People’s gut bacteria worse in areas with higher social deprivation




King's College London





Living in a poorer neighbourhood in the UK could impact the make-up of your gut microbiome, potentially leading to worse health. 

New research, led by King’s College London and the University of Nottingham, found that people living in areas of higher social deprivation have a less diverse range of bacteria in their gut. 

The study, published in npj biofilms and microbiomes, also found people in these areas have less short-chain fatty acid-producing bacteria – which are vital for reducing inflammation and regulating energy metabolism.  

These differences in gut bacteria could lead to worse health outcomes including mental health and metabolic health (which helps manage people’s energy levels), immune system function, and mood stability. 

In particular, the research found a link between those in areas of higher deprivation who had worse gut microbiomes and mental health conditions such as anxiety. 

In the study, the researchers analysed the gut bacteria of 1,390 female twin individuals from TwinsUK along with their residential postcodes to identify the participants’ area level socioeconomic status.  

To measure the deprivation of an area they primarily used the well-established Townsend Deprivation Index. The Townsend Deprivation Index measures deprivation using practical indicators like unemployment, overcrowding, and home or car ownership to measure material deprivation of different areas.  

The researchers identified 12 bacterial species linked to living in more deprived areas. Two of these, Lawsonibacter and Intestinimonas massiliensis, were negatively associated not only with deprivation, but also with higher rates of anxiety and diabetes.

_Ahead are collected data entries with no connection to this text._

-- ===== src/Ui/OfflineCache/Acks.antt =====
-- The queue of acknowledgements that wait for the API, and its signal.
use forge_sight.Prelude.{
  ◌≡◌, refl, sym, ap, ◌∙◌, subst, inl, inr, Bool, true, false, ◌||◌, Text, bool_ne, List, [], ◌∷◌,
  ltb, ℤ, int_eq, int_eq_iff, int_lt, Bool-cases, arith, if◌then◌else◌,
}
use forge_sight.Database.{Run}
use forge_sight.Ui.OfflineCache.{
  CachedDeviceState, Sqlite, OfflineCache, Emitted, insert_ack, delete_ack, select_acks, affected,
  ack_ids, queue_ack, clear_ack, pending_acks,
}

unfoldable pub has_ack : ℤ → List ℤ → Bool
has_ack id [] = false
has_ack id (i ∷ ids) = int_eq i id || has_ack id ids

-- A new id in its place of ORDER BY alarm_id.
unfoldable pub insert_id : ℤ → List ℤ → List ℤ
insert_id id [] = id ∷ []
insert_id id (i ∷ ids) =
    let rest = insert_id id ids in if int_lt id i then id ∷ i ∷ ids else i ∷ rest

-- DELETE ... WHERE alarm_id = ?
unfoldable pub delete_id : ℤ → List ℤ → List ℤ
delete_id id [] = []
delete_id id (i ∷ ids) = let rest = delete_id id ids in if int_eq i id then rest else i ∷ rest

has_ack-insert_id :
    (id j : ℤ) (ids : List ℤ) → has_ack j (insert_id id ids) ≡ (int_eq id j || has_ack j ids)
unfolding has_ack insert_id
has_ack-insert_id id j [] = refl
has_ack-insert_id id j (i ∷ ids) = ground (arith, has_ack-insert_id id j ids, int_eq_iff i id)

kept_head :
    (id i j : ℤ) (b : Bool)
    → int_eq i id ≡ false
    → (int_eq i j || (if int_eq id j then false else b))
      ≡ (if int_eq id j then false else int_eq i j || b)
kept_head id i j b miss = elim (Bool-cases (int_eq id j)) [
  | inl hit ↦ rw (hit, sym ((int_eq_iff id j).0 hit), miss) refl
  | inr other ↦ rw other refl
]

gone_head :
    (id i j : ℤ) (b : Bool)
    → i ≡ id
    → (if int_eq id j then false else b) ≡ (if int_eq id j then false else int_eq i j || b)
gone_head id i j b e = elim (Bool-cases (int_eq id j)) [
  | inl hit ↦ rw hit refl
  | inr miss ↦ rw (e, miss) refl
]

has_ack-delete_id :
    (id j : ℤ) (ids : List ℤ)
    → has_ack j (delete_id id ids) ≡ (if int_eq id j then false else has_ack j ids)
unfolding has_ack delete_id
has_ack-delete_id id j [] = ground arith
has_ack-delete_id id j (i ∷ ids) = elim (Bool-cases (int_eq i id)) [
  | inl hit ↦
      rw (hit, has_ack-delete_id id j ids)
        (gone_head id i j (has_ack j ids) ((int_eq_iff i id).0 hit))
  | inr miss ↦ rw (miss, has_ack-delete_id id j ids) (kept_head id i j (has_ack j ids) miss)
]

delete_id_missing : (id : ℤ) (ids : List ℤ) → has_ack id ids ≡ false → delete_id id ids ≡ ids
unfolding has_ack delete_id
delete_id_missing id [] h = refl
delete_id_missing id (i ∷ ids) h = ground (arith, delete_id_missing id ids)

-- What the queue relies on in SQLite while the file is open and no statement fails. A PRIMARY KEY
-- keeps an id once, and a statement tells how many rows it changed.
pub record AckQueueLaws {D : Type 0} (S : Sqlite D) : Type 0 where
  pub queue : S.World → List ℤ
  pub inserts :
      (id : ℤ) (w : S.World)
      → ((S.run_statement (insert_ack id) w).0 ≡ affected (if has_ack id (queue w) then 0 else 1))
        × (queue (S.run_statement (insert_ack id) w).1
            ≡ (if has_ack id (queue w) then queue w else insert_id id (queue w)))
  pub deletes :
      (id : ℤ) (w : S.World)
      → ((S.run_statement (delete_ack id) w).0 ≡ affected (if has_ack id (queue w) then 1 else 0))
        × (queue (S.run_statement (delete_ack id) w).1 ≡ delete_id id (queue w))
  pub selects : (w : S.World) → (S.run_statement select_acks w).0 ≡ ack_ids (queue w)

pub data AckCall : Type 0 where
  queues clears : ℤ → AckCall

abbrev id_of_call : AckCall → ℤ
id_of_call (queues id) = id
id_of_call (clears id) = id

abbrev pub asked : ℤ → AckCall → Bool → Bool
asked j (queues id) old = if int_eq id j then true else old
asked j (clears id) old = if int_eq id j then false else old

-- Whether the calls leave an id queued.
unfoldable pub last_asked : ℤ → List AckCall → Bool → Bool
last_asked j [] old = old
last_asked j (call ∷ calls) old = last_asked j calls (asked j call old)

module _ {D : Type 0} (S : Sqlite D)
    (walk : List (Text × CachedDeviceState D) → List (Text × CachedDeviceState D)) where
  open S use {World}

  unfoldable pub ack_call : AckCall → OfflineCache D → Run World Emitted
  ack_call (queues id) = queue_ack S walk id
  ack_call (clears id) = clear_ack S walk id

  unfoldable pub ack_calls : List AckCall → OfflineCache D → World → World
  unfolding ack_call
  ack_calls [] c w = w
  ack_calls (call ∷ calls) c w = ack_calls calls c (ack_call call c w).1

-- What a call tells, and what it leaves of the queue.
pub record AckStep (call : AckCall) (before : List ℤ) (emitted : Emitted) (after : List ℤ)
    : Type 0 where
  pub tells : emitted ≡ bool_ne (has_ack (id_of_call call) before) (has_ack (id_of_call call) after)
  pub quiet : emitted ≡ false → after ≡ before
  pub leaves : (j : ℤ) → has_ack j after ≡ asked j call (has_ack j before)

int_eq_refl : (a : ℤ) → int_eq a a ≡ true
int_eq_refl a = (int_eq_iff a a).1 refl

already :
    (id j : ℤ) (ids : List ℤ)
    → has_ack id ids ≡ true
    → has_ack j ids ≡ (if int_eq id j then true else has_ack j ids)
already id j ids there = elim (Bool-cases (int_eq id j)) [
  | inl same ↦ rw same (ap (λ k. has_ack k ids) (sym ((int_eq_iff id j).0 same)) ∙ there)
  | inr other ↦ rw other refl
]

inserted-AckStep :
    (id : ℤ) (ids : List ℤ)
    → AckStep
        (queues id)
        ids
        (ltb 0 (if has_ack id ids then 0 else 1))
        (if has_ack id ids then ids else insert_id id ids)
inserted-AckStep id ids = elim (Bool-cases (has_ack id ids)) [
  | inl there ↦
      rw there
        record { tells = rw there refl; quiet = λ h. refl; leaves = λ j. already id j ids there }
  | inr new ↦ rw new record {
    tells = rw (new, has_ack-insert_id id id ids, int_eq_refl id) refl;
    quiet = λ h. ground arith;
    leaves = λ j. rw (has_ack-insert_id id j ids) ground arith;
  }
]

deleted-AckStep :
    (id : ℤ) (ids : List ℤ)
    → AckStep (clears id) ids (ltb 0 (if has_ack id ids then 1 else 0)) (delete_id id ids)
deleted-AckStep id ids = record {
  tells = rw (has_ack-delete_id id id ids, int_eq_refl id) ground arith;
  quiet = λ h. delete_id_missing id ids (ground arith);
  leaves = λ j. has_ack-delete_id id j ids;
}

module _ {D : Type 0} (S : Sqlite D)
    (walk : List (Text × CachedDeviceState D) → List (Text × CachedDeviceState D))
    (laws : AckQueueLaws S) where
  open S use {World}
  open laws use {queue}

  abbrev opened : OfflineCache D → OfflineCache D
  opened c = record c { is_open = true }

  pending_acks-queue :
      (c : OfflineCache D) (w : World) → (pending_acks S walk (opened c) w).0 ≡ queue w
  unfolding pending_acks
  pending_acks-queue c w = rw (laws.selects w) refl

  ack_call_ready-AckStep :
      (call : AckCall) (c : OfflineCache D) (w : World)
      → let r = ack_call S walk call (opened c) w in AckStep call (queue w) r.0 (queue r.1)
  unfolding ack_call queue_ack clear_ack
  ack_call_ready-AckStep (queues id) c w =
      rw ((laws.inserts id w).0, (laws.inserts id w).1) (inserted-AckStep id (queue w))
  ack_call_ready-AckStep (clears id) c w =
      rw ((laws.deletes id w).0, (laws.deletes id w).1) (deleted-AckStep id (queue w))

  -- A call on a cache that is open signals a change exactly if it queues the id or takes it from the
  -- queue. Without a signal the queue stays as it is, and no other id is queued or removed.
  pub ack_call-AckStep :
      (call : AckCall) (c : OfflineCache D) (w : World)
      → c.is_open ≡ true
      → let r = ack_call S walk call c w in
        AckStep call (pending_acks S walk c w).0 r.0 (pending_acks S walk c r.1).0
  ack_call-AckStep call c w o =
      subst
        (λ (b : Bool).
          let c = record c { is_open = b } in
          let r = ack_call S walk call c w in
          AckStep call (pending_acks S walk c w).0 r.0 (pending_acks S walk c r.1).0)
        (sym o)
        (rw (pending_acks-queue c w, pending_acks-queue c (ack_call S walk call (opened c) w).1)
          (ack_call_ready-AckStep call c w))

  -- On a cache that is open, after any calls of `queueAck` and `clearAck`, an id is among the pending
  -- acknowledgements if the last call for it queued it, or if there was none and it was there before.
  pub pending_acks-last_asked :
      (calls : List AckCall) (c : OfflineCache D) (w : World) (j : ℤ)
      → c.is_open ≡ true
      → has_ack j (pending_acks S walk c (ack_calls S walk calls c w)).0
        ≡ last_asked j calls (has_ack j (pending_acks S walk c w).0)
  unfolding ack_calls last_asked
  pending_acks-last_asked [] c w j o = refl
  pending_acks-last_asked (call ∷ calls) c w j o =
      pending_acks-last_asked calls c (ack_call S walk call c w).1 j o
      ∙ ap (last_asked j calls) ((ack_call-AckStep call c w o).leaves j)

These two bacteria normally produce butyrate, a helpful substance in the gut that supports blood sugar control, energy balance, and communication between the gut and the brain. Changes in these bacteria may help explain how social disadvantage could affect both mental and physical health. 

The findings suggest the gut microbiome may play a role in the connections between social deprivation and adverse health outcomes. Researchers hope that interventions such as fibre-rich diets that support butyrate-producing bacteria, and targeted probiotic approaches to improve gut health, could help counter some of the harmful effects that socioeconomic stress has on a person’s mental and physical wellbeing. 

Dr Cristina Menni, Senior author of the study and a Senior Lecturer in Molecular Epidemiology at King’s College London, said: “Although this is still an emerging area of research, we know that the diversity of bacteria in the gut plays an important role on overall health. Our findings suggests that people who live in more socially deprived areas of the UK may have less diverse gut microbiomes, which could affect other aspects of their health. We hope that this might lead to interventions that support gut health and help improve overall wellbeing.” 

Dr Yu Lin, first author of the study and a Research Associate at King’s College London, said: “The gut microbiome might be one of the ways our environment and social circumstances, such as chronic stress, financial strain, access to healthy food, affect both our mental health and our metabolic health. These microbes, in turn, influence how the body process energy and communicate with the brain. In other words, the bacteria in our gut could help explain how where we live and the stresses we face shape our overall wellbeing. We hope that our findings will contribute to new strategies for supporting health in disadvantaged communities.”  

Dr Ana Valdes, Professor of Molecular Epidemiology at the University of Nottingham, said: "By uncovering how social deprivation translates into biological changes – fundamentally altering our gut microbiome composition – we can now design targeted interventions to reverse some of these health inequalities. Understanding these pathways gives us actionable targets, whether through dietary fibre, probiotics, or other gut-focused strategies, to break the cycle linking poverty to poor health outcomes."